Seattle One Year On: Activists Celebrate, Hopes Fade for New WTO Talks
Demonstrations and teach-ins were planned in Seattle to celebrate what militants claim was a clear victory over the World Trade Organization and its corporate-driven regulations, which they say harm the poor and degrade the environment.
Here in the U.S. capital, activists were scheduled to gather outside the offices of the International Monetary Fund to stage a "counterreception" as local officials and IMF dignitaries inaugurated a new facility.
The IMF and its sister institution, the World Bank, have also been targeted by foes of globalization in the aftermath of Seattle, where tens of thousands of human rights, environmental and trade union activists laid siege to a WTO ministerial meeting from November 30 to December 3 last year.
The size and militancy of the protests stunned U.S. and Seattle authorities and unnerved delegates to the long-awaited gathering, which had been called to forge an agenda for a new round of trade liberalization talks that they hoped would materialize this year.
The meeting eventually collapsed for reasons, organizers insisted, that had nothing to do with the violent street demonstrations.
In their heavily guarded convention center, ministers did indeed squabble among themselves, unable to set aside national priorities in order to reach consensus on a new trade agenda.
Since Seattle, WTO members have yet to iron out their differences. Pascal Lamy, European Union trade commissioner, on Monday acknowledged that a fresh bid to hold a new trade round was not on the horizon.
"I also note that the necessary political energy for such a project of globalization has diminished," he told AFP.
While the wto remains in apparent disarray, the antiglobalization drive has gathered steam, activists say.

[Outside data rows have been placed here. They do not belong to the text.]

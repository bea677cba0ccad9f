-- ===== src/Examples/Firmware.antt =====
-- A firmware upload of an image of eight bytes, which the device asks for in two pieces.
use libtopfield.Base.{ℕ, ◌+◌, ◌%◌, ◌≤◌, ◌<◌, ◌≡◌, inl, refl, arith, List, [], ◌∷◌, ◌++◌}
use libtopfield.Fw.{FwPacket, TfFwData, fw_req_init, fw_req_putdata, fw_pad, fw_id, fw_end}
use libtopfield.Fw.Wire.{wire_of, IsPadded}
use libtopfield.Fw.Device.{Takes, asking, asked, Asks, Greets}
use libtopfield.Fw.Session.{Installs, tf_fw_upload-Installs}
use libtopfield.Examples.Device.{device, opened}

abbrev image : List ℕ
image = 10 ∷ 11 ∷ 12 ∷ 13 ∷ 14 ∷ 15 ∷ 16 ∷ 17 ∷ []

abbrev id_packet : FwPacket
id_packet = record { seq = 0; cmd = fw_id; payload = [] }

abbrev end_packet : FwPacket
end_packet = record { seq = 2; cmd = fw_end; payload = [] }

abbrev first_request : FwPacket
first_request = asking 0 0 5 0 0 0

abbrev second_request : FwPacket
second_request = asking 1 0 3 0 0 5

abbrev sent : FwPacket → List ℕ
sent p = wire_of p.seq p.cmd p.payload ++ []

abbrev requests : List TfFwData
requests = asked 0 0 5 0 0 0 ∷ asked 1 0 3 0 0 5 ∷ []

padded :
    (len n : ℕ) → n % 2 ≡ 0 → (len ≤ n) × (n ≤ len + 1) × (0 < n) × (n < 0x200) → IsPadded len n
padded len n even (enough, few, some_bytes, small) = record {
  even = even;
  enough = enough;
  few = omega arith;
  size = inl (omega arith);
  needed = inl few;
}

greeting :
    Greets device 11000
      (sent id_packet ∷ sent first_request ∷ sent second_request ∷ sent end_packet ∷ [])
      (sent first_request ∷ sent second_request ∷ sent end_packet ∷ [])
unfolding fw_req_init fw_pad
greeting = record {
  between = sent id_packet ∷ sent first_request ∷ sent second_request ∷ sent end_packet ∷ [];
  takes = record {
    moved = 10;
    padded = padded 9 10 refl (omega arith);
    takes = Takes.last _ _ _ _ (omega arith) refl;
  };
  reply = id_packet;
  junk = [];
  is_id = refl;
  fits = omega arith;
  sends = refl;
}

asking_twice :
    Asks device 11000 image
      (sent first_request ∷ sent second_request ∷ sent end_packet ∷ [])
      requests
unfolding fw_req_init fw_req_putdata fw_pad
asking_twice =
    Asks.asks _ _ _ 0 0 5 0 0 0 [] _ (omega arith) (omega arith) refl
      (record {
        moved = 14;
        padded = padded 14 14 refl (omega arith);
        takes = Takes.last _ _ _ _ (omega arith) refl;
      })
      (Asks.asks _ _ _ 1 0 3 0 0 5 [] _ (omega arith) (omega arith) refl
        (record {
          moved = 12;
          padded = padded 12 12 refl (omega arith);
          takes = Takes.last _ _ _ _ (omega arith) refl;
        })
        (Asks.ends _ _ end_packet [] refl (omega arith) refl))

tf_fw_upload-Installs_example :
    Installs device image
      (opened (sent id_packet ∷ sent first_request ∷ sent second_request ∷ sent end_packet ∷ []))
      requests
tf_fw_upload-Installs_example =
    tf_fw_upload-Installs device
      (opened (sent id_packet ∷ sent first_request ∷ sent second_request ∷ sent end_packet ∷ []))
      image (sent first_request ∷ sent second_request ∷ sent end_packet ∷ []) requests refl greeting
      asking_twice
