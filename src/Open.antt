-- ===== src/Open.antt =====
-- tf_open.c: opening and closing the connection to a device, with the lock that it shares with puppy.
--
-- The system calls and the USB device search stand behind the record `Host`, over a world `W`. A
-- call gives its result and the world after it. `open_lock w index` opens the lock file of that
-- device for writing, `open_usb_dev` says whether a device handle was given and `malloc` whether a
-- buffer was; `free` takes that back. The loop goes round a second time at most, so it runs on fuel
-- two, and `none` means that the fuel ran out.
pub mod Locked
use libtopfield.Base.{
  ℕ, zero, suc, ◌+◌, Bool, true, false, not, List, [], ◌∷◌, Option, none, some, take, ◌==◌, ◌&&◌,
  if◌then◌else◌,
}
use libtopfield.Base.Int.{ℤ, pos, negsuc, pos_part, ltb_ℤ, ◌==ℤ◌}
use libtopfield.Handle.{TfHandle, State, default_timeout}
use libtopfield.Daemon.{pid_line, atoi}

pub record Host (W : Type 0) : Type 0 where
  pub open_lock : W → ℕ → ℤ × W
  pub open_read : W → ℕ → ℤ × W
  pub flock : W → ℤ → ℤ × W
  pub close : W → ℤ → W
  pub getpid : W → ℕ
  pub write : W → ℤ → List ℕ → W
  pub read : W → ℤ → ℕ → ℤ × List ℕ × W
  pub hup : W → ℤ → ℤ × W
  pub sleep : W → ℕ → W
  pub open_usb_dev : W → ℕ → ℕ → ℕ → Bool × W
  pub close_usb_dev : W → W
  pub malloc : W → ℕ → Bool × W
  pub free : W → W

pub data TfLock : Type 0 where
  std : TfLock
  unlocked : TfLock
  hup : TfLock

abbrev pub vendor_id : ℕ
vendor_id = 0x11DB

abbrev pub product_id : ℕ
product_id = 0x1000

-- The handle after `memset` and the first assignments.
abbrev pub blank : TfHandle
blank = record {
  timeout = default_timeout;
  trace_level = 0;
  nocrc = false;
  error = pos 0;
  lock_fd = negsuc 0;
  dev = false;
  pending = false;
  buf = false;
}

module _ {W : Type 0} (host : Host W) where
  -- The pid in the lock file, or 0.
  unfoldable pub lock_holder : W → ℕ → ℤ × W
  lock_holder w index =
      let fd = host.open_read w index in
      let got = host.read (fd.1) (fd.0) 9 in
      let pid : ℤ =
        (if ltb_ℤ (pos 0) (got.0) then atoi (take (pos_part (got.0)) (got.1)) else pos 0) in
      if ltb_ℤ (fd.0) (pos 0) then (pos 0, fd.1) else (pid, host.close (got.2) (fd.0))

  -- Asks the process that has the lock to go; whether to try again.
  unfoldable pub ask_holder : W → ℕ → Bool × W
  ask_holder w index =
      let pid = lock_holder w index in
      let sent = host.hup (pid.1) (pid.0) in
      if not (ltb_ℤ (pos 0) (pid.0))
      then (false, pid.1)
      else if sent.0 ==ℤ pos 0
      then (true, host.sleep (sent.1) 2)
      else (false, sent.1)

  -- The for loop: whether the lock is held, the descriptor and the world.
  unfoldable pub lock_loop : ℕ → Bool → ℕ → W → Option (Bool × ℤ × W)
  lock_loop zero ask index w = none
  lock_loop (suc fuel) ask index w =
      let fd = host.open_lock w index in
      let locked = host.flock (fd.1) (fd.0) in
      let opened = not (ltb_ℤ (fd.0) (pos 0)) in
      let after = (if opened then locked.1 else fd.1) in
      let closed = host.close after (fd.0) in
      let asked = ask_holder closed index in
      let again = lock_loop fuel false index (asked.1) in
      if opened && (locked.0 ==ℤ pos 0)
      then some (true, fd.0, host.write after (fd.0) (pid_line (host.getpid after)))
      else if not ask
      then some (false, fd.0, closed)
      else if not (asked.0)
      then some (false, fd.0, asked.1)
      else again

  -- Behind the lock. Nothing tests the buffer that `malloc` gives.
  unfoldable pub open_device : ℕ → ℤ → W → ℤ × State W
  open_device index lock_fd w =
      let dev = host.open_usb_dev w vendor_id product_id index in
      let buf = host.malloc (dev.1) 0x10000 in
      if dev.0
      then (
        pos 0,
        record { tf = record blank { lock_fd = lock_fd; dev = true; buf = buf.0 }; world = buf.1 },
      )
      else (negsuc 0, record { tf = blank; world = host.close (dev.1) lock_fd })

  -- The lock kinds other than TF_LOCK_NONE.
  unfoldable pub open_locked : ℕ → Bool → W → Option (ℤ × State W)
  open_locked index ask w = elim (lock_loop 2 ask index w) [
    | none ↦ none
    | some (held, fd, t) ↦
        if held
        then some (open_device index fd t)
        else some (pos 1, record { tf = record blank { lock_fd = fd }; world = t })
  ]

  unfoldable pub topfield_open : ℕ → TfLock → W → Option (ℤ × State W)
  topfield_open index unlocked w = some (open_device index (negsuc 0) w)
  topfield_open index std w = open_locked index false w
  topfield_open index hup w = open_locked index true w

  unfoldable pub topfield_close : State W → State W
  topfield_close s =
      if s.tf.dev
      then record {
        tf = record (s.tf) { dev = false; buf = false };
        world = host.close (host.free (host.close_usb_dev s.world)) s.tf.lock_fd;
      }
      else s
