-- ===== src/Open/Locked.antt =====
-- The outcomes of `topfield_open` (tf_open.c).
use libtopfield.Base.{ℕ, ◌≡◌, ◌⊎◌, Bool, true, false, List, Option, some}
use libtopfield.Base.Int.{ℤ, pos, negsuc}
use libtopfield.Handle.{State}
use libtopfield.Open.{Host, TfLock, unlocked}

-- What the system promises: flock gives the lock, and writing the pid, opening the device and
-- allocating the buffer keep it.
pub record Guards {W : Type 0} (host : Host W) (held : W → ℤ → Bool) : Type 0 where
  pub locks : (w : W) (fd : ℤ) → (host.flock w fd).0 ≡ pos 0 → held (host.flock w fd).1 fd ≡ true
  pub write_keeps : (w : W) (fd : ℤ) (b : List ℕ) → held (host.write w fd b) fd ≡ held w fd
  pub malloc_keeps : (w : W) (n : ℕ) (fd : ℤ) → held (host.malloc w n).1 fd ≡ held w fd
  pub usb_keeps : (w : W) (v p i : ℕ) (fd : ℤ) → held (host.open_usb_dev w v p i).1 fd ≡ held w fd

-- The outcomes of `topfield_open`.
pub record Opens {W : Type 0} (host : Host W) (held : W → ℤ → Bool) (lock : TfLock)
    (r : Option (ℤ × State W)) : Type 0 where
  pub result : ℤ
  pub after : State W
  pub returns : r ≡ some (result, after)
  pub outcome :
      ((result ≡ pos 0)
        × (after.tf.dev ≡ true)
        × ((t : W) × (after.tf.buf ≡ (host.malloc t 0x10000).0)
            × (after.world ≡ (host.malloc t 0x10000).1))
        × ((lock ≡ unlocked) ⊎ (held after.world after.tf.lock_fd ≡ true)))
      ⊎ (((result ≡ pos 1) ⊎ (result ≡ negsuc 0)) × (after.tf.dev ≡ false) × (after.tf.buf ≡ false))

module _ {W : Type 0} (host : Host W) (held : W → ℤ → Bool) (g : Guards host held) where
  -- How the lock loop ends.
  record Loops (r : Option (Bool × ℤ × W)) : Type 0 where
    pub got : Bool
    pub fd : ℤ
    pub world : W
    pub returns : r ≡ some (got, fd, world)
    pub holds : got ≡ true → held world fd ≡ true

"In the past year, the Seattle coalition has grown here and abroad, with protests and events occurring wherever the corporate globalization agenda is promoted," said Lori Wallach, director of Public Citizen's Global Trade Watch, a body founded by Ralph Nader.
"The joy of it is there is no team of roving organizers," she said. "Each of the protests ... comes from informed, activated local residents."
At another, larger IMF-World Bank gathering in Prague last September, some 12,000 people turned out to protest the policies of the two institutions.
Similar demonstrations have been held since Seattle in Geneva, London, Adelaide, Cincinnati and elsewhere.